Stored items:
****************************************

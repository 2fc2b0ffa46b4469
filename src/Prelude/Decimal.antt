-- ===== src/Prelude/Decimal.antt =====
-- Decimal text: what Rust's `to_string` writes for an integer, and what `str::parse::<i64>` reads.
use ratatosk.Prelude.{
  ℕ, zero, suc, ◌+◌, ◌-◌, ◌*◌, ◌/◌, ◌%◌, ◌^◌, ◌≤◌, ◌<◌, ◌≡◌, ◌∙◌, ap, Bool, true, ◌&&◌, Option,
  none, some, List, [], ◌∷◌, ◌++◌, arith, ltb, leb, if◌then◌else◌, length, length-append,
  Bool-cases, inl, inr, ◌==◌,
}
use ratatosk.Prelude.Int.{ℤ, pos, negsuc}

-- The digits of `n`, at least one; `fuel` beyond `n` is enough.
unfoldable pub decimal_fuel : ℕ → ℕ → List ℕ
decimal_fuel zero n = []
decimal_fuel (suc fuel) n =
    let rest = decimal_fuel fuel (n / 10) in
    if ltb n 10 then (n + 48) ∷ [] else rest ++ ((n % 10 + 48) ∷ [])

unfoldable pub decimal : ℕ → List ℕ
unfolding decimal_fuel
decimal n = decimal_fuel (suc n) n

unfoldable pub decimal_ℤ : ℤ → List ℕ
unfolding decimal
decimal_ℤ (pos n) = decimal n
decimal_ℤ (negsuc n) = b'-' ∷ decimal (suc n)

abbrev pub is_digit : ℕ → Bool
is_digit c = leb 48 c && leb c 57

abbrev pub negate : ℕ → ℤ
negate zero = pos 0
negate (suc n) = negsuc n

abbrev pub IsI64 : ℤ → Type 0
IsI64 (pos n) = n < 2 ^ 63
IsI64 (negsuc n) = n < 2 ^ 63

unfoldable pub digits_value : ℕ → List ℕ → Option ℕ
digits_value acc [] = some acc
digits_value acc (c ∷ cs) =
    let rest = digits_value (acc * 10 + (c - 48)) cs in if is_digit c then rest else none

abbrev pub at_least_one : List ℕ → Option ℕ
at_least_one [] = none
at_least_one (c ∷ cs) = digits_value 0 (c ∷ cs)

abbrev pub positive : Option ℕ → Option ℤ
positive none = none
positive (some n) = if ltb n (2 ^ 63) then some (pos n) else none

abbrev pub negative : Option ℕ → Option ℤ
negative none = none
negative (some n) = if leb n (2 ^ 63) then some (negate n) else none

-- An optional sign, one digit or more, and a value in the range of an `i64`.
unfoldable pub i64_from_str : List ℕ → Option ℤ
unfolding digits_value
i64_from_str [] = none
i64_from_str (c ∷ cs) =
    if c == b'-'
    then negative (at_least_one cs)
    else if c == b'+'
    then positive (at_least_one cs)
    else positive (digits_value 0 (c ∷ cs))

digits_value-snoc :
    (xs : List ℕ) (acc c v : ℕ)
    → digits_value acc xs ≡ some v
    → is_digit c ≡ true
    → digits_value acc (xs ++ (c ∷ [])) ≡ some (v * 10 + (c - 48))
unfolding digits_value
digits_value-snoc [] acc c v h d = ground arith
digits_value-snoc (x ∷ xs) acc c v h d =
    ground (arith, digits_value-snoc xs (acc * 10 + (x - 48)) c v)

digits_value-decimal_fuel : (fuel n : ℕ) → n < fuel → digits_value 0 (decimal_fuel fuel n) ≡ some n
unfolding decimal_fuel
digits_value-decimal_fuel zero n h = elim h [ ]
digits_value-decimal_fuel (suc fuel) n h = elim (Bool-cases (ltb n 10)) [
  | inl small ↦ rw small (unfold digits_value in ground arith)
  | inr big ↦ rw big (
      digits_value-snoc (decimal_fuel fuel (n / 10)) 0 (n % 10 + 48) (n / 10)
        (digits_value-decimal_fuel fuel (n / 10) (ground arith)) (ground arith)
      ∙ ap some (omega arith))
]

pub digits_value-decimal : (n : ℕ) → digits_value 0 (decimal n) ≡ some n
unfolding decimal
digits_value-decimal n = digits_value-decimal_fuel (suc n) n (omega arith)

abbrev pub AllDigits : List ℕ → Type 0
AllDigits [] = Unit
AllDigits (c ∷ cs) = (48 ≤ c) × (c ≤ 57) × AllDigits cs

AllDigits-snoc : (xs : List ℕ) (c : ℕ) → AllDigits xs → 48 ≤ c → c ≤ 57 → AllDigits (xs ++ (c ∷ []))
AllDigits-snoc [] c h lo hi = (lo, hi, tt)
AllDigits-snoc (x ∷ xs) c h lo hi = (h.0, h.1, AllDigits-snoc xs c h.2 lo hi)

decimal_fuel-AllDigits : (fuel n : ℕ) → AllDigits (decimal_fuel fuel n)
unfolding decimal_fuel
decimal_fuel-AllDigits zero n = tt
decimal_fuel-AllDigits (suc fuel) n = elim (Bool-cases (ltb n 10)) [
  | inl small ↦ rw small (ground arith, ground arith, tt)
  | inr big ↦ rw big (
      AllDigits-snoc (decimal_fuel fuel (n / 10)) (n % 10 + 48)
        (decimal_fuel-AllDigits fuel (n / 10)) (omega arith) (omega arith))
]

pub decimal-AllDigits : (n : ℕ) → AllDigits (decimal n)
unfolding decimal
decimal-AllDigits n = decimal_fuel-AllDigits (suc n) n

pub decimal_fuel-ne-nil : (fuel n : ℕ) → 0 < length (decimal_fuel (suc fuel) n)
unfolding decimal_fuel
decimal_fuel-ne-nil fuel n =
    ground (arith, length-append (decimal_fuel fuel (n / 10)) ((n % 10 + 48) ∷ []))

pub decimal-ne-nil : (n : ℕ) → 0 < length (decimal n)
unfolding decimal
decimal-ne-nil n = decimal_fuel-ne-nil n n

-- A text of digits alone is read without its sign branches.
digits_first :
    (xs : List ℕ) {n : ℕ}
    → AllDigits xs
    → 0 < length xs
    → digits_value 0 xs ≡ some n
    → (i64_from_str xs ≡ positive (some n)) × (i64_from_str (b'-' ∷ xs) ≡ negative (some n))
unfolding i64_from_str
digits_first [] d p h = absurd (omega arith)
digits_first (x ∷ xs) {n} d p h = (plain ∙ ap positive h, ap negative h)
  where
    plain : i64_from_str (x ∷ xs) ≡ positive (digits_value 0 (x ∷ xs))
    plain = ground arith

-- `parse::<i64>` reads back what `to_string` wrote for an `i64`.
pub i64_from_str-decimal_ℤ : (z : ℤ) → IsI64 z → i64_from_str (decimal_ℤ z) ≡ some z
unfolding decimal_ℤ
i64_from_str-decimal_ℤ (pos n) h =
    (digits_first (decimal n) (decimal-AllDigits n) (decimal-ne-nil n) (digits_value-decimal n)).0
    ∙ ground arith
i64_from_str-decimal_ℤ (negsuc n) h =
    (digits_first (decimal (suc n)) (decimal-AllDigits (suc n)) (decimal-ne-nil (suc n))
      (digits_value-decimal (suc n))).1
    ∙ ground arith

positive-IsI64 : (o : Option ℕ) (z : ℤ) → positive o ≡ some z → IsI64 z
positive-IsI64 none z h = absurd (ground (arith, h))
positive-IsI64 (some n) (pos m) h = ground (arith, h)
positive-IsI64 (some n) (negsuc m) h = ground (arith, h)

negative-IsI64 : (o : Option ℕ) (z : ℤ) → negative o ≡ some z → IsI64 z
negative-IsI64 none z h = absurd (ground (arith, h))
negative-IsI64 (some zero) (pos m) h = ground (arith, h)
negative-IsI64 (some zero) (negsuc m) h = ground (arith, h)
negative-IsI64 (some (suc n)) (pos m) h = ground (arith, h)
negative-IsI64 (some (suc n)) (negsuc m) h = ground (arith, h)

-- What is read is a number of 64 bits.
pub i64_from_str-IsI64 : (xs : List ℕ) (z : ℤ) → i64_from_str xs ≡ some z → IsI64 z
unfolding i64_from_str
i64_from_str-IsI64 [] z = λ (h : none ≡ some z). absurd (ground (arith, h))
i64_from_str-IsI64 (c ∷ cs) z = elim (Bool-cases (c == b'-')) [
  | inl m ↦ rw m (negative-IsI64 (at_least_one cs) z)
  | inr m ↦ rw m (elim (Bool-cases (c == b'+')) [
    | inl p ↦ rw p (positive-IsI64 (at_least_one cs) z)
    | inr p ↦ rw p (positive-IsI64 (digits_value 0 (c ∷ cs)) z)
  ])
]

****************************************

• _REQUIRED ACTION_
Search the entries above for the word "ratatosk" and copy each line where it appears.

• _ANSWER TO THIS EXERCISE_
use ratatosk.Prelude.{
use ratatosk.Prelude.Int.{ℤ, pos, negsuc}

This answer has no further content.